Что всегда импонирует в книгах Алпатова – так это, во-первых, универсальная культура автора, позволяющая ему рассматривать свой предмет в широком историко-культурном контексте, поворачивая его различными гранями, в живых связях с реалиями эпохи – с событиями общественной жизни, с поэзией, философией, нравами, вкусами, обычаями. А во-вторых, нисколько всем этим не заслоняемая, не отодвигаемая на второй план, неподдельная любовь автора к самому явлению искусства как таковому. Вот это, пожалуй, самое главное. Этого никакой эрудицией не добудешь: тут нужен талант, сердце, проникновение. Алпатов – аналитик он много рассуждает, сопоставляет, даже измеряет и чертит схемы, но замечательно то, что своим аналитическим скальпелем он умеет не повредить живых тканей искусства, не нарушить целостности. Произведение искусства остается стоять перед его мысленным взором как самосветящийся кристалл. И никогда не «растворяется» в историческом фоне, как бы широко и импозантно этот фон ни был обрисован.
Исходная методологическая идея М.В. Алпатова, собственно, очень проста: она состоит в том, что «самый надежный источник истории искусства – всегда сами произведения искусства». Не то, что вокруг них, и не то, что по поводу их, а они сами. Поэтому М.В. Алпатов с некоторым раздражением относится к «знаточеству», порой переходящему в крохоборчество: к бесконечным разысканиям и мелочным уточнениям «судеб» произведения, данных по поводу его литературных, иконографических и прочих источников. Хотя и сам он – первоклассный знаток и эрудит, но он против того, чтобы дотошная следовательская «кухня» вместо свойственного ей подсобного места претендовала на главное. Он за то, чтобы как можно пристальнее всматриваться, вдумываться в само произведение как оно есть, как оно создано художником, – и тогда оно само заговорит, расскажет многое, и не только о себе, а и об источниках жизни, его питавших.
Поэтому самый органичный для М.В. Алпатова жанр, в котором он достигает наибольших успехов, – это монографический «этюд»: небольшое по объему исследование об одном каком-нибудь памятнике искусства. Именно здесь ученый с блеском обнаруживает сильнейшие стороны своего метода; здесь он учит нас пристальности взора, способности «войти» в художественный мир и в нем ориентироваться. Причем Алпатов чаще всего берет произведения первой художественной величины, шедевры, такие, о которых, казалось бы, сказано и написано уже достаточно много. Это не смущает исследователя: он верит в неисчерпаемость великих произведений, в возможность открытия в них новых и новых пластов смысла. «Созданные на пересечении великих исторических эпох или в пору наибольшего художественного подъема, они заключают в себе такие огромные творческие силы, что пристальное изучение одного из них ближе подводит к пониманию всего исторического периода, чем беглый обзор десятка или сотни типичных, но заурядных мастеров»1
.Казалось бы, уж на что много сказано и написано о «Боярыне Морозовой» Сурикова. Так много и так обстоятельно, что как будто уже некий слой словесного лака лежит на знаменитой картине и «мешает наслаждаться» (по выражению ее создателя).

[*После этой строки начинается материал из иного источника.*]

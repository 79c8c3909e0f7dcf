-- ===== src/Fee.antt =====
-- The service fee on call minutes, backend/app/services/service_fee_service.py, with the share
-- arithmetic of backend/app/services/call_income_service.py that it calls.
-- A `Decimal` with two places is an integer of hundredths, so that `quantize_decimal_2` is the
-- identity on it and is written only where it rounds: on an exact product of hundredths and basis
-- points, which is an integer of millionths.
pub mod Rounding
pub mod Final
use new1v.Prelude.{ℕ, suc, ◌+◌, ◌/◌, Bool, ◌||◌, ◌&&◌, Option, none, some, if◌then◌else◌}
use new1v.Prelude.Int.{
  ℤ, pos, negsuc, sub_ℕ, ltb_ℤ, leb_ℤ, max_zero, or_int, ◌+ℤ◌, ◌-ℤ◌, ◌*ℤ◌, ◌//ℤ◌,
}
use new1v.Billing.{clamp_int}
use new1v.Records.{
  CallRecord, ServiceFee, PayerFeeStatus, skipped_insufficient, charged_partial, charged_full,
  IncomeFeeStatus, charged,
}

abbrev pub max_rate_bps : ℤ
max_rate_bps = pos 10000

-- Whole coins as hundredths.
unfoldable pub cents : ℤ → ℤ
cents z = z *ℤ pos 100

-- ROUND_HALF_UP, from millionths to hundredths: a tie goes away from zero.
unfoldable pub quantize_decimal_2 : ℤ → ℤ
quantize_decimal_2 (pos n) = pos ((n + 5000) / 10000)
quantize_decimal_2 (negsuc n) = sub_ℕ 0 ((n + 5001) / 10000)

unfoldable pub calc_incremental_chargeable_minutes : ℤ → ℤ → ℤ → ℤ
calc_incremental_chargeable_minutes previous_processed deducted_minutes threshold_minutes =
    let total_chargeable = max_zero (max_zero deducted_minutes -ℤ max_zero threshold_minutes) in
    max_zero (total_chargeable -ℤ max_zero previous_processed)

-- The base amount is in hundredths.
unfoldable pub calc_service_fee_decimal : ℤ → ℤ → ℤ
unfolding clamp_int
calc_service_fee_decimal amount rate_bps =
    let bps = clamp_int rate_bps (pos 0) max_rate_bps in
    if leb_ℤ amount (pos 0)
    then pos 0
    else if leb_ℤ bps (pos 0)
    then pos 0
    else quantize_decimal_2 (amount *ℤ bps)

unfoldable pub calc_call_chargeable_minutes : ℤ → ℤ → ℤ
calc_call_chargeable_minutes deducted_minutes threshold_minutes =
    max_zero (max_zero deducted_minutes -ℤ max_zero threshold_minutes)

unfoldable pub calc_call_service_fee_for_minutes : ℤ → ℤ → ℤ → ℤ
calc_call_service_fee_for_minutes call_price chargeable_minutes rate_bps =
    let minutes = max_zero chargeable_minutes in
    let per_minute_fee = calc_service_fee_decimal (cents (max_zero call_price)) rate_bps in
    if leb_ℤ minutes (pos 0)
    then pos 0
    else if leb_ℤ per_minute_fee (pos 0)
    then pos 0
    else per_minute_fee *ℤ minutes

-- Whole diamonds: the share is rounded down.
unfoldable pub calc_certified_user_income_diamonds : ℤ → ℤ → ℤ
unfolding clamp_int
calc_certified_user_income_diamonds total_fee certified_user_share_bps =
    (max_zero total_fee *ℤ clamp_int certified_user_share_bps (pos 0) max_rate_bps) //ℤ 10000

unfoldable pub calc_call_income_service_fee_for_minutes : ℤ → ℤ → ℤ → ℤ → ℤ
calc_call_income_service_fee_for_minutes call_price share_bps chargeable_minutes rate_bps =
    let per_minute_income =
      cents (calc_certified_user_income_diamonds (max_zero call_price) share_bps) in
    let minutes = max_zero chargeable_minutes in
    let per_minute_fee = calc_service_fee_decimal per_minute_income rate_bps in
    if leb_ℤ per_minute_income (pos 0) || leb_ℤ minutes (pos 0)
    then pos 0
    else if leb_ℤ per_minute_fee (pos 0)
    then pos 0
    else per_minute_fee *ℤ minutes

unfoldable pub resolve_call_service_fee_payer_status : ℤ → ℤ → Option PayerFeeStatus
resolve_call_service_fee_payer_status expected actual =
    if leb_ℤ expected (pos 0)
    then none
    else if leb_ℤ actual (pos 0)
    then some skipped_insufficient
    else if ltb_ℤ actual expected
    then some charged_partial
    else some charged_full

-- Both in hundredths.
unfoldable pub calc_net_call_income_diamonds : ℤ → ℤ → ℤ
calc_net_call_income_diamonds gross fee =
    let net = gross -ℤ fee in if leb_ℤ net (pos 0) then pos 0 else net

pub record CallServiceFeeConfig : Type 0 where
  pub enabled : Bool
  pub threshold_minutes : ℤ
  pub payer_rate_bps : ℤ
  pub income_rate_bps : ℤ

-- The snapshot that a call takes of the configuration when it is accepted.
unfoldable pub apply_call_service_fee_config_snapshot : CallServiceFeeConfig → ServiceFee
unfolding clamp_int
apply_call_service_fee_config_snapshot config =
    let payer_rate = clamp_int config.payer_rate_bps (pos 0) max_rate_bps in
    let income_rate = clamp_int config.income_rate_bps (pos 0) max_rate_bps in
    let enabled = config.enabled && (ltb_ℤ (pos 0) payer_rate || ltb_ℤ (pos 0) income_rate) in
    record {
      threshold_minutes = if enabled then config.threshold_minutes else pos 0;
      rate_bps = if enabled then payer_rate else pos 0;
      payer_rate_bps = if enabled then payer_rate else pos 0;
      income_rate_bps = if enabled then income_rate else pos 0;
      processed_chargeable_minutes = pos 0;
      payer_expected_coins = pos 0;
      payer_actual_coins = pos 0;
      payer_status = none;
      payer_settled_at = none;
      income_expected_diamonds = pos 0;
      income_actual_diamonds = pos 0;
      income_status = none;
      income_settled_at = none;
    }

pub record CallServiceFeeFinalState : Type 0 where
  pub chargeable_minutes : ℤ
  pub payer_expected_coins : ℤ
  pub payer_actual_coins : ℤ
  pub payer_refund_coins : ℤ
  pub payer_status : Option PayerFeeStatus
  pub income_expected_diamonds : ℤ
  pub income_actual_diamonds : ℤ
  pub income_status : Option IncomeFeeStatus

-- What the payer keeps paying of what was taken: nothing if no fee is due, else at most the fee.
unfoldable pub cap_payer_actual : ℤ → ℤ → ℤ
cap_payer_actual expected raw_actual =
    if leb_ℤ expected (pos 0)
    then pos 0
    else if ltb_ℤ expected raw_actual
    then expected
    else raw_actual

-- The two rates are given, as the callers give them.
unfoldable pub build_call_service_fee_final_state :
    (call_price share_bps deducted_minutes threshold_minutes payer_actual payer_rate
      income_rate : ℤ)
    → CallServiceFeeFinalState
unfolding clamp_int cap_payer_actual
build_call_service_fee_final_state price share_bps deducted threshold raw_actual payer_rate
      income_rate =
    let payer_rate' = clamp_int payer_rate (pos 0) max_rate_bps in
    let income_rate' = clamp_int income_rate (pos 0) max_rate_bps in
    let chargeable = calc_call_chargeable_minutes deducted threshold in
    let expected = calc_call_service_fee_for_minutes price chargeable payer_rate' in
    let income_expected =
      calc_call_income_service_fee_for_minutes price share_bps chargeable income_rate' in
    let actual = cap_payer_actual expected raw_actual in
    let refund = raw_actual -ℤ actual in
    let income_actual = if ltb_ℤ (pos 0) income_expected then income_expected else pos 0 in
    record {
      chargeable_minutes = chargeable;
      payer_expected_coins = expected;
      payer_actual_coins = actual;
      payer_refund_coins = if ltb_ℤ refund (pos 0) then pos 0 else refund;
      payer_status = resolve_call_service_fee_payer_status expected actual;
      income_expected_diamonds = income_expected;
      income_actual_diamonds = income_actual;
      income_status = if ltb_ℤ (pos 0) income_actual then some charged else none;
    }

Но М.В. Алпатов несколько лет тому назад выступил с заявлением почти парадоксальным: «Нам предстоит еще много изучать замечательную картину Сурикова, раздумывать над ней, анализировать ее. В ней самой нас ждут самые главные открытия»2
. Только еще ждут! А как же те, что уже сделаны? М.В. Алпатов показал, что сделаны они по двум разъединенным руслам: по линии «содержания» и «формы». «Содержание» – это исторические события и лица, положенные в основу картины, и сама ее фабула. «Форма» – это «художественные особенности»: сани, которые «идут», расположение групп, морозный синеватый колорит и так далее. «Не хватает только одного – понимания того, что Суриков был художником, то есть что он достиг в картине главного путем художественного познания, или, как говорят, художественного видения и художественного выражения. Ведь быть художником – это иное дело, чем быть психологом или историком. Быть художником – это больше, чем быть мастером колорита и композиции»3.Я привожу здесь эти слова, не входя в обсуждение вопроса о «Боярыне Морозовой», не присоединяясь и не полемизируя, а только чтобы показать, что было целью самого М.В. Алпатова в его трудах и к чему он призывает своих коллег: «преодолеть двойственность, лежащую в основе большинства работ, в которых изучение “сюжета” чисто механически сопрягается с так называемым “формальным анализом”»4
. В самом деле: разве произведение искусства – «содержание» плюс «форма»? Разве оно не есть нечто органическое, неделимое – живой плод художественного познания?